The round-cut diamond is the undisputed master of the diamond world. It’s the most popular diamond shape, thanks to its tightly-packed facets that give the round cut unparalleled sparkle and fire. The round-brilliant cut is the most visually brilliant due to its 360-degree symmetrical shape and facet count (57 facets ordinarily; 58 with a culet). The mathematical principles behind faceting means round-cuts reflect most of the light that goes in from more angles. Round-brilliant diamonds are the only shape to have this ideal proportion defined. Stones in this highest cut grade exhibit a perfect "Hearts & Arrows" pattern. 

With other diamond shapes, having lower color grade and clarity usually means giving up some of the beauty of the stone. But because a round-cut diamond gives out higher levels of brilliance and fire, it will offer much of the same pleasant appeal even if it has a lower color, clarity, or cut.

Princess Cut

The princess cut is the second most popular shape next to round. This cut is the best option for those who want a square shape diamond while maintaining a comparable brilliance to the round-cut diamond. To protect the 90-degree pointed corners of princess-cut diamonds, V-shaped chevron prongs are used primarily for their settings. 

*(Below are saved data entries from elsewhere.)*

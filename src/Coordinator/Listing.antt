-- ===== src/Coordinator/Listing.antt =====
-- What coordinator/src/api/rest.rs shows of jobs: list_jobs_rest and get_job. A reply is a record; the
-- time of creation, which the rows do not have, is left out. A negative limit, which the database
-- refuses, is no argument here.
pub mod Viewing
use mathlib.Core.Option
use Prim.Native.String.{String}
use mathlib.Core.List.{reverse, map}
use text.Mathlib.Text.{◌==◌ as str_eq}
use neuralmesh.Common.{
  List, none, Bool, ◌∷◌, true, ℕ, ◌&&◌, [], some, Option, false, if◌then◌else◌, ◌==◌, length, take,
}
use neuralmesh.Common.Int.{◌+ℤ◌, ℤ, pos}
use neuralmesh.Coordinator.Matching.{is_available, int_at_least}
use neuralmesh.Coordinator.Migration.{is_leased, is_some}
use neuralmesh.Coordinator.Rows.{
  assigned, running, Provider, complete, failed, ProviderState, queued, Job, matching, migrating,
  cancelled, JobState, Store,
}
use neuralmesh.Coordinator.Store.{Db, query, or_fail, not_found, pure, ◌>>◌, ◌>>=◌, unwrap_or}
use neuralmesh.Database.{scan, RowId}
use neuralmesh.Float.{Float}

pub record JobView (R : Float) : Type 0 where
  pub job_id : RowId
  pub consumer_id : RowId
  pub provider_id : Option RowId
  pub state : JobState
  pub runtime : String
  pub min_ram_gb : Option ℤ
  pub max_price_per_hour : Option R.F
  pub price_per_hour : Option R.F
  pub bundle_hash : Option String
  pub bundle_url : Option String
  pub output_hash : Option String
  pub actual_cost_nmc : Option R.F
  pub actual_runtime_s : Option ℤ
  pub restore_attempts : ℕ
  pub failure_reason : Option String
  pub has_checkpoint : Bool
  pub checkpoint_iter : ℤ
  pub started_at : Option ℕ
  pub completed_at : Option ℕ

pub record JobLine (R : Float) : Type 0 where
  pub job_id : RowId
  pub consumer_id : RowId
  pub provider_id : Option RowId
  pub state : JobState
  pub runtime : String
  pub min_ram_gb : Option ℤ
  pub max_price_per_hour : Option R.F
  pub bundle_hash : Option String
  pub actual_cost_nmc : Option R.F
  pub has_checkpoint : Bool
  pub started_at : Option ℕ
  pub completed_at : Option ℕ

pub record JobQuery : Type 0 where
  pub account_id : Option RowId
  pub state : Option String
  pub limit : Option ℕ

-- The name of a runtime from its number; every other number, and NULL, is a shell.
abbrev pub runtime_name : ℕ → String
runtime_name n =
    if n == 0
    then "mlx"
    else if n == 1
    then "torch-mps"
    else if n == 2
    then "onnx-coreml"
    else if n == 3
    then "llama-cpp"
    else "shell"

abbrev pub runtime_str : Option ℤ → String
runtime_str (some (pos n)) = runtime_name n
runtime_str _ = "shell"

-- The text of the column.
abbrev pub state_text : JobState → String
state_text queued = "queued"
state_text matching = "matching"
state_text assigned = "assigned"
state_text running = "running"
state_text migrating = "migrating"
state_text complete = "complete"
state_text failed = "failed"
state_text cancelled = "cancelled"

-- `$1 IS NULL OR column = $1`
abbrev pub any_or : {A : Type 0} → (A → Bool) → Option A → Bool
any_or p none = true
any_or p (some a) = p a

abbrev pub actual_cost_nmc : (R : Float) → Option R.F → Option ℤ → Option R.F
actual_cost_nmc R (some p) (some s) = some (R.mul p (R.div (R.of_int s) (R.lit 3600 0)))
actual_cost_nmc R _ _ = none

module _ {R : Float} where
  abbrev pub job_view : Job R → JobView R
  job_view r = record {
    job_id = r.job_id;
    consumer_id = r.consumer_id;
    provider_id = r.provider_id;
    state = r.state;
    runtime = runtime_str r.runtime;
    min_ram_gb = r.min_ram_gb;
    max_price_per_hour = r.max_price_per_hour;
    price_per_hour = r.price_per_hour;
    bundle_hash = r.bundle_hash;
    bundle_url = r.bundle_url;
    output_hash = r.output_hash;
    actual_cost_nmc = actual_cost_nmc R r.price_per_hour r.actual_runtime_s;
    actual_runtime_s = r.actual_runtime_s;
    restore_attempts = r.restore_attempts;
    failure_reason = r.failure_reason;
    has_checkpoint = is_some r.checkpoint_url;
    checkpoint_iter = r.checkpoint_iter;
    started_at = r.started_at;
    completed_at = r.completed_at;
  }

  unfoldable pub get_job : RowId → Db R (JobView R)
  get_job job_id = do
    row ← query (λ s. s.jobs.row job_id)
    r ← or_fail row not_found
    pure (job_view r)

  abbrev pub job_line : Job R → JobLine R
  job_line r = record {
    job_id = r.job_id;
    consumer_id = r.consumer_id;
    provider_id = r.provider_id;
    state = r.state;
    runtime = runtime_str r.runtime;
    min_ram_gb = r.min_ram_gb;
    max_price_per_hour = r.max_price_per_hour;
    bundle_hash = r.bundle_hash;
    actual_cost_nmc = actual_cost_nmc R r.price_per_hour r.actual_runtime_s;
    has_checkpoint = is_some r.checkpoint_url;
    started_at = r.started_at;
    completed_at = r.completed_at;
  }

  abbrev pub is_listed : JobQuery → Job R → Bool
  is_listed q r =
      any_or (λ k. r.consumer_id == k) q.account_id
      && any_or (λ s. str_eq (state_text r.state) s) q.state

  -- The newest first.
  unfoldable pub list_jobs_rest : JobQuery → Db R (List (JobLine R))
  unfolding scan
  list_jobs_rest q = do
    rows ← query (λ s. take (unwrap_or q.limit 50) (reverse (scan (is_listed q) s.jobs)))
    pure (map job_line rows)
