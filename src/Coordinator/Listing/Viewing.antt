-- ===== src/Coordinator/Listing/Viewing.antt =====
-- What a consumer reads of a job.
use Prim.Native.String.{String}
use text.Mathlib.Text.{◌==◌ as str_eq}
use text.Mathlib.TextEquality.{eq_iff}
use neuralmesh.Common.{
  ◌≡◌, ◌≢◌, none, ◌||◌, List, true, refl, some, [], false, Bool, ◌∷◌, if◌then◌else◌, eqb_refl, inr,
  inl, sym, Bool-cases, eqb_ne, ne_symm,
}
use neuralmesh.Common.Int.{pos}
use neuralmesh.Coordinator.Jobs.{hourly_cost, submit_job, runtime_int, new_job, SubmitJobBody}
use neuralmesh.Coordinator.Lifecycle.{
  earn, CompleteJobBody, update_trust_score, complete_job, platform_fee,
}
use neuralmesh.Coordinator.Listing.{runtime_str, job_view, get_job}
use neuralmesh.Coordinator.Rows.{Credit, complete, Job, queued}
use neuralmesh.Coordinator.Store.{ok, Conn, unwrap_or}
use neuralmesh.Database.{RowId, is_id}
use neuralmesh.Float.{Float}

-- The runtimes by name, without the shell.
abbrev runtimes : List String
runtimes = "mlx" ∷ "torch-mps" ∷ "onnx-coreml" ∷ "llama-cpp" ∷ []

abbrev one_of : String → List String → Bool
one_of s [] = false
one_of s (r ∷ rs) = str_eq s r || one_of s rs

-- What a job runs as.
abbrev pub known_or_shell : String → String
known_or_shell s = if one_of s runtimes then s else "shell"

runtime_str-runtime_int : (s : String) → runtime_str (some (runtime_int s)) ≡ known_or_shell s
runtime_str-runtime_int s = elim (Bool-cases (str_eq s "mlx")) [
  | inl mlx ↦ rw mlx (sym ((eq_iff s "mlx").0 mlx))
  | inr no_mlx ↦ elim (Bool-cases (str_eq s "torch-mps")) [
    | inl torch ↦ rw (no_mlx, torch) (sym ((eq_iff s "torch-mps").0 torch))
    | inr no_torch ↦ elim (Bool-cases (str_eq s "onnx-coreml")) [
      | inl onnx ↦ rw (no_mlx, no_torch, onnx) (sym ((eq_iff s "onnx-coreml").0 onnx))
      | inr no_onnx ↦ elim (Bool-cases (str_eq s "llama-cpp")) [
        | inl llama ↦ rw (no_mlx, no_torch, no_onnx, llama) (sym ((eq_iff s "llama-cpp").0 llama))
        | inr no_llama ↦ rw (no_mlx, no_torch, no_onnx, no_llama) refl
      ]
    ]
  ]
]

module _ {R : Float} where
  -- With enough available, no fault and no id that is taken, get_job shows a job that was just
  -- submitted as queued, without a provider and without a cost, with the runtime, the limits and the
  -- bundle that were asked for; a runtime of any other name is shown as a shell.
  pub submit_job-get_job :
      (body : SubmitJobBody R) (job_id escrow_id tx_id : RowId) (c : Conn R) (cr : Credit R)
      → c.faults ≡ []
      → c.store.credits.row body.account_id ≡ some cr
      → R.lt
          (unwrap_or cr.available_nmc (R.lit 0 0))
          (hourly_cost R body.max_price_per_hour body.max_duration_secs)
        ≡ false
      → c.store.jobs.row job_id ≡ none
      → c.store.escrows.row escrow_id ≡ none
      → c.store.transactions.row tx_id ≡ none
      → (get_job job_id (submit_job body job_id escrow_id tx_id c).1).0
        ≡ ok (record {
          job_id = job_id;
          consumer_id = body.account_id;
          provider_id = none;
          state = queued;
          runtime = known_or_shell body.runtime;
          min_ram_gb = some body.min_ram_gb;
          max_price_per_hour = some body.max_price_per_hour;
          price_per_hour = none;
          bundle_hash = body.bundle_hash;
          bundle_url = body.bundle_url;
          output_hash = none;
          actual_cost_nmc = none;
          actual_runtime_s = none;
          restore_attempts = 0;
          failure_reason = none;
          has_checkpoint = false;
          checkpoint_iter = pos 0;
          started_at = none;
          completed_at = none;
        })
  unfolding submit_job get_job new_job
  submit_job-get_job body job_id escrow_id tx_id c cr a b d e f g =
      rw (a, b, d, e, eqb_refl job_id, f, g, eqb_refl job_id, runtime_str-runtime_int body.runtime)
        refl

  -- With no fault, after the end of a job with a known price is reported, get_job shows the job as
  -- complete, and as its cost the whole price for the reported time, of which the provider has got
  -- 92%. Provider and consumer are two accounts that exist, and the id of the transaction is not
  -- taken.
  pub complete_job-get_job :
      (job_id : RowId) (body : CompleteJobBody) (tx_id : RowId) (c : Conn R) (j : Job R)
      (price : R.F) (earned spent : Credit R)
      → c.faults ≡ []
      → c.store.jobs.row job_id ≡ some j
      → j.price_per_hour ≡ some price
      → is_id j.provider_id body.provider_id ≡ true
      → c.store.credits.row body.provider_id ≡ some earned
      → c.store.credits.row j.consumer_id ≡ some spent
      → body.provider_id ≢ j.consumer_id
      → c.store.transactions.row tx_id ≡ none
      → let after = (complete_job job_id body tx_id c).1 in
        let cost = R.mul price (R.div (R.of_int body.actual_runtime_s) (R.lit 3600 0)) in
        ((get_job job_id after).0
          ≡ ok (record (job_view j) {
            state = complete;
            output_hash = some body.output_hash;
            actual_cost_nmc = some cost;
            actual_runtime_s = some body.actual_runtime_s;
            completed_at = some c.now;
          }))
        × (after.store.credits.row body.provider_id
            ≡ some (earn (R.mul cost (R.sub (R.lit 1 0) (platform_fee R))) earned))
  unfolding complete_job update_trust_score get_job
  complete_job-get_job job_id body tx_id c j price earned spent f row known mine e s apart fresh =
      let one = eqb_refl body.provider_id in
      let apart_too = eqb_ne j.consumer_id body.provider_id (ne_symm apart) in
      (
        rw (f, row, mine, e, fresh, eqb_refl job_id, row, known) refl,
        rw (f, row, mine, e, fresh, apart_too, one, e, known) refl,
      )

When choosing princess-cut diamonds, you must consider the dimensions of the stone to ensure the outline of the diamond when it is set. Some are perfect 1.00 or 1.10 ratio (length to width). For rectangular-shaped princess-cuts, the ratio would be 1.50 to 2.00. In terms of value, the square dimensions usually command more money than the rectangular princess cut.

Emerald Cut

Emerald-cut diamonds can be rectangular or square in shape, and they boast beveled corners and step-cut facets. This shape really shows off the clarity of a diamond and because of its length, it will appear larger than a comparable round-cut diamond. One of the most notable traits of emerald-cut diamonds is the incredibly long surface table. This “face” opens up the inside of the diamond to easy inspection. If your stone is flawless, the emerald cut will show off its perfection, but be careful about an included emerald-cut diamond: Those inclusions will be even easier to see.

Oval Cut

Invented in the early 1960s, the oval-cut diamond has stunning brilliance, due in large part to its facets, which are similar to those found in a round diamond. As with the emerald-cut diamond, the sheer length of the oval-cut can accentuate long, slender fingers and appear larger than comparably-sized round stones. Oval-cut diamonds may hide imperfections far better than emerald-cuts, but make sure you pick one with proper depth-to-width ratio! The “bow-tie effect” caused by losing internal light is barely noticeable in well-cut oval-cut diamonds, but stones outside the ratio of 1.30 - 1.50 are at risk of having an unsightly black optical effect in the middle.

Marquise Cut

The marquise-cut diamond is elongated with pointed ends, which gives it the stone’s other popular name: Navette cut (French for “little boat”). This refined design was inspired by the smile of the 18th century courtesan Marquise de Pompadour, whose lover, France's King Louis XIV, wanted a diamond to match it. As with the emerald- and oval-cut diamond, the length of the marquise can also make fingers appear longer and slenderer. 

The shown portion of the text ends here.